§ Available data
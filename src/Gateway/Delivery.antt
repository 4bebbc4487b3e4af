-- ===== src/Gateway/Delivery.antt =====
-- crates/gateway/src/lib.rs: the commands that the sequencer gets for a routed order.
use feynman_engine.Prelude.{
  ◌≡◌, refl, subst, ◌∙◌, ap, sym, inl, inr, true, not, ◌&&◌, Option, none, some, String, List, [],
  ◌∷◌, ◌++◌, if◌then◌else◌, append_assoc, append_nil, Map, not, ◌&&◌, lookup, insert, Bool-cases,
}
use feynman_engine.Prelude.Text.{◌++◌ as append}
use feynman_engine.Externs.{Externs}
use feynman_engine.Types.Pipeline.{PipelineOrder, Routed}
use feynman_engine.Engine.Events.{
  SequencerCommand, on_venue_ack, on_venue_submit_failed, on_venue_cancelled, on_fill,
}
use feynman_engine.Gateway.Errors.{Result, ok, err, show_error}
use feynman_engine.Gateway.Submission.{VenueOrderAck, PostAckFill, PostAckActions, from_routed}
use feynman_engine.Gateway.SubmitTask.{
  VenueAdapter, VenueSubmitTask, send_fills, send_cancellation, send_actions, after_submit,
  with_adapter, submit_one,
}

module _ (E : Externs) where
  abbrev pub fill_commands : List (PostAckFill E) → List (SequencerCommand E)
  fill_commands [] = []
  fill_commands (queued ∷ rest) = on_fill queued.fill ∷ fill_commands rest

  abbrev pub cancel_commands : Option String → String → E.DateTime → List (SequencerCommand E)
  cancel_commands none id later = []
  cancel_commands (some reason) id later = on_venue_cancelled id reason later ∷ []

  -- What the sequencer is to get of an order that the venue acknowledged, by the answer to the
  -- request for the order's actions.
  abbrev pub acked_report :
      String → VenueOrderAck E → E.DateTime → Result (PostAckActions E) → List (SequencerCommand E)
  acked_report id ack later (ok actions) =
      on_venue_ack id ack.venue_order_id ack.accepted_at ∷ fill_commands actions.fills
      ++ cancel_commands actions.cancellation_reason id later
  acked_report id ack later (err e) =
      on_venue_ack id ack.venue_order_id ack.accepted_at
      ∷ on_venue_submit_failed id (append "post-ack adapter action failed: " (show_error E e))
      ∷ []

  module _ (V : VenueAdapter E) where
    abbrev opened : Map V.Adapter → List (SequencerCommand E) → VenueSubmitTask E V
    opened adapters delivered = record {
      adapters = adapters;
      sequencer_open = true;
      delivered = delivered;
    }

    sent_fills :
        (fills : List (PostAckFill E)) (adapters : Map V.Adapter)
        (delivered : List (SequencerCommand E))
        → send_fills E V fills (opened adapters delivered)
          ≡ opened adapters (delivered ++ fill_commands fills)
    sent_fills [] adapters delivered = ap (opened adapters) (sym (append_nil delivered))
    sent_fills (queued ∷ rest) adapters delivered =
        sent_fills rest adapters (delivered ++ (on_fill queued.fill ∷ []))
        ∙ ap (opened adapters)
            (append_assoc delivered (on_fill queued.fill ∷ []) (fill_commands rest))

    sent_cancellation :
        (reason : Option String) (id : String) (later : E.DateTime) (adapters : Map V.Adapter)
        (delivered : List (SequencerCommand E))
        → send_cancellation E V reason id later (opened adapters delivered)
          ≡ opened adapters (delivered ++ cancel_commands reason id later)
    sent_cancellation none id later adapters delivered =
        ap (opened adapters) (sym (append_nil delivered))
    sent_cancellation (some reason) id later adapters delivered = refl

    -- What the sequencer is to get, by the adapter's answer to the submission.
    abbrev pub answered_report :
        String → E.DateTime → V.Adapter × Result (VenueOrderAck E) → List (SequencerCommand E)
    answered_report id later (adapter, err e) = on_venue_submit_failed id (show_error E e) ∷ []
    answered_report id later (adapter, ok ack) =
        acked_report id ack later (V.take_post_ack_actions adapter ack.venue_order_id).1

    -- What the sequencer is to get for one order, by the adapter of the order's venue. A dry run is
    -- not submitted to an adapter that trades.
    abbrev pub report_of :
        Option V.Adapter
        → PipelineOrder E (Routed E)
        → E.DateTime
        → E.DateTime
        → List (SequencerCommand E)
    report_of none order now later =
        on_venue_submit_failed order.core.id
          (append "no adapter registered for venue " order.core.venue_id)
        ∷ []
    report_of (some adapter) order now later =
        if order.core.dry_run && not (V.simulates_fills_locally adapter)
        then on_venue_ack order.core.id (append "sim-" order.stage.routing.client_order_id) now ∷ []
        else answered_report order.core.id later (V.submit_order adapter (from_routed E order))

    sent_actions :
        (answer : Result (PostAckActions E)) (id : String) (ack : VenueOrderAck E)
        (later : E.DateTime) (adapters : Map V.Adapter) (delivered : List (SequencerCommand E))
        → let acked = delivered ++ (on_venue_ack id ack.venue_order_id ack.accepted_at ∷ []) in
          (send_actions E V answer id later (opened adapters acked)).delivered
          ≡ delivered ++ acked_report id ack later answer
    sent_actions (ok actions) id ack later adapters delivered =
        let first = on_venue_ack id ack.venue_order_id ack.accepted_at in
        let fills = fill_commands actions.fills in
        let cancelled = cancel_commands actions.cancellation_reason id later in
        let acked = delivered ++ (first ∷ []) in
        ap (λ t. (send_cancellation E V actions.cancellation_reason id later t).delivered)
          (sent_fills actions.fills adapters acked)
        ∙ ap (λ t. t.delivered)
            (sent_cancellation actions.cancellation_reason id later adapters (acked ++ fills))
        ∙ append_assoc acked fills cancelled
        ∙ append_assoc delivered (first ∷ []) (fills ++ cancelled)
    sent_actions (err e) id ack later adapters delivered = append_assoc delivered _ _

    after_submit_sends :
        (r : Result (VenueOrderAck E)) (adapter : V.Adapter) (venue id : String)
        (later : E.DateTime) (adapters : Map V.Adapter) (delivered : List (SequencerCommand E))
        → (after_submit E V r adapter venue id later (opened adapters delivered)).delivered
          ≡ delivered ++ answered_report id later (adapter, r)
    after_submit_sends (err e) adapter venue id later adapters delivered = refl
    after_submit_sends (ok ack) adapter venue id later adapters delivered =
        let taken = V.take_post_ack_actions adapter ack.venue_order_id in
        sent_actions taken.1 id ack later (insert venue taken.0 adapters) delivered

    with_adapter_sends :
        (found : Option V.Adapter) (order : PipelineOrder E (Routed E)) (now later : E.DateTime)
        (adapters : Map V.Adapter) (delivered : List (SequencerCommand E))
        → (with_adapter E V found order now later (opened adapters delivered)).delivered
          ≡ delivered ++ report_of found order now later
    with_adapter_sends none order now later adapters delivered = refl
    with_adapter_sends (some adapter) order now later adapters delivered =
        let submitted = V.submit_order adapter (from_routed E order) in
        let sent =
          after_submit_sends submitted.1 submitted.0 order.core.venue_id order.core.id later
            adapters delivered in
        elim (Bool-cases (order.core.dry_run && not (V.simulates_fills_locally adapter))) [
          | inl dry ↦ rw dry refl
          | inr live ↦ rw live sent
        ]

    -- While the sequencer runs, a routed order sends it exactly these commands: a failure, if no
    -- adapter is registered for the venue; an acknowledgement only, for a dry run with an adapter
    -- that does not simulate fills; a failure with the adapter's error, if it refuses the
    -- submission; and else the adapter's acknowledgement, followed by every fill of its actions in
    -- their order and then the cancellation if they have one, or by a failure if the actions could
    -- not be taken.
    pub submit_one-report_of :
        (t : VenueSubmitTask E V) (order : PipelineOrder E (Routed E)) (now later : E.DateTime)
        → t.sequencer_open ≡ true
        → (submit_one E V order now later t).delivered
          ≡ t.delivered ++ report_of (lookup order.core.venue_id t.adapters) order now later
    unfolding submit_one
    submit_one-report_of t order now later h =
        let found = lookup order.core.venue_id t.adapters in
        subst
          (λ o.
            (with_adapter E V found order now later (record {
              adapters = t.adapters;
              sequencer_open = o;
              delivered = t.delivered;
            })).delivered
            ≡ t.delivered ++ report_of found order now later)
          (sym h) (with_adapter_sends found order now later t.adapters t.delivered)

§ The problem
Could you copy every line in the records that holds "PostAckActions"?

§ Exercise result
use feynman_engine.Gateway.Submission.{VenueOrderAck, PostAckFill, PostAckActions, from_routed}
      String → VenueOrderAck E → E.DateTime → Result (PostAckActions E) → List (SequencerCommand E)
        (answer : Result (PostAckActions E)) (id : String) (ack : VenueOrderAck E)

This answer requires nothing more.